EXERCISE BRIEF =
Copy out all the lines in the records that include the word "refl".

───── RECORD EXCERPTS ─────

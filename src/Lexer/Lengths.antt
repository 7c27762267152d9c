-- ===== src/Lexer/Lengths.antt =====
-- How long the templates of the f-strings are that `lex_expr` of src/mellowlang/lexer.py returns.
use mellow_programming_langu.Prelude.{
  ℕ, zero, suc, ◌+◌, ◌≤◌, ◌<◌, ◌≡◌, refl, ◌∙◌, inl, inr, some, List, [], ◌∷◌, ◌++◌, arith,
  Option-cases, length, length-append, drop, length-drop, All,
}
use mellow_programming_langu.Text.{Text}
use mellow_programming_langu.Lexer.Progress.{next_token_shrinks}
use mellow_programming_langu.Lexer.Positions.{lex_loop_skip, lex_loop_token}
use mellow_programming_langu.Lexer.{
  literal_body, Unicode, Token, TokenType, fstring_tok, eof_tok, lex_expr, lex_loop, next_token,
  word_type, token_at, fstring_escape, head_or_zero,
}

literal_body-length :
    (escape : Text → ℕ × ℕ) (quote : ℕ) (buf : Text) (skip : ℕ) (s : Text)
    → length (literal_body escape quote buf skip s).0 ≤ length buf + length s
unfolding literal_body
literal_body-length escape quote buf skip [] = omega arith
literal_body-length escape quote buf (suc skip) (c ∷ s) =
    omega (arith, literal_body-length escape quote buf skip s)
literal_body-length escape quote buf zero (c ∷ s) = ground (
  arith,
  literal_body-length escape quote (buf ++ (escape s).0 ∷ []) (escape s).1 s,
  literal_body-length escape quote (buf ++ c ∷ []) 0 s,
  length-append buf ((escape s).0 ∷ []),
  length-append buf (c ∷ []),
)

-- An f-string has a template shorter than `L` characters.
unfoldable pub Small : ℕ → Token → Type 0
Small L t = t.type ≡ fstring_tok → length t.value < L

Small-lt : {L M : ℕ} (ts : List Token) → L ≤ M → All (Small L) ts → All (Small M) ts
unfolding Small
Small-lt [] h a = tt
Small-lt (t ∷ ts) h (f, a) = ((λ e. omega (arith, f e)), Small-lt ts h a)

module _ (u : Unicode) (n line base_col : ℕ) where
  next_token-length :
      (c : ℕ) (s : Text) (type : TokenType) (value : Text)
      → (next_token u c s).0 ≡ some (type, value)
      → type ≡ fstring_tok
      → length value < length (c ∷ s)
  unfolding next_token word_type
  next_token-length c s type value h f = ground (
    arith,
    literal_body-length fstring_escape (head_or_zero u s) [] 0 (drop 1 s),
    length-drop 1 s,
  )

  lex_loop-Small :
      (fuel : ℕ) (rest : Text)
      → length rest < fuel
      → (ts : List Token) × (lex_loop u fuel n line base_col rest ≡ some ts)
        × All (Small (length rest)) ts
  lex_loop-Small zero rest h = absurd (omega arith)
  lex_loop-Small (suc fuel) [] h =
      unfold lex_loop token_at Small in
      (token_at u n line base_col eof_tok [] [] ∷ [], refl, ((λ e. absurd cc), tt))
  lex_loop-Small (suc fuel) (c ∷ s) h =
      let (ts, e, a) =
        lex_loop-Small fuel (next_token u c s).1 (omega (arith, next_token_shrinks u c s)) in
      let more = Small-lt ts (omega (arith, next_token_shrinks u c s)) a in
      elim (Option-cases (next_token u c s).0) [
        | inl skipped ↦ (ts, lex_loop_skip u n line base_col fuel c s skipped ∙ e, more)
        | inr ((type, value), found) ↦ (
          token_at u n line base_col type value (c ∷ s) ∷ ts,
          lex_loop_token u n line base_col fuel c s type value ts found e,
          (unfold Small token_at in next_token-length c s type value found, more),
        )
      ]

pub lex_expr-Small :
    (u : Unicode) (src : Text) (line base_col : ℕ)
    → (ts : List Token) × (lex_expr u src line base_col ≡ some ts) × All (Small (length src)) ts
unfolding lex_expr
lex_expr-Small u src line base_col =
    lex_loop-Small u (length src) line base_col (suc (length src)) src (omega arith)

─────

SOLUTION TO THIS TASK =
  ℕ, zero, suc, ◌+◌, ◌≤◌, ◌<◌, ◌≡◌, refl, ◌∙◌, inl, inr, some, List, [], ◌∷◌, ◌++◌, arith,
      (token_at u n line base_col eof_tok [] [] ∷ [], refl, ((λ e. absurd cc), tt))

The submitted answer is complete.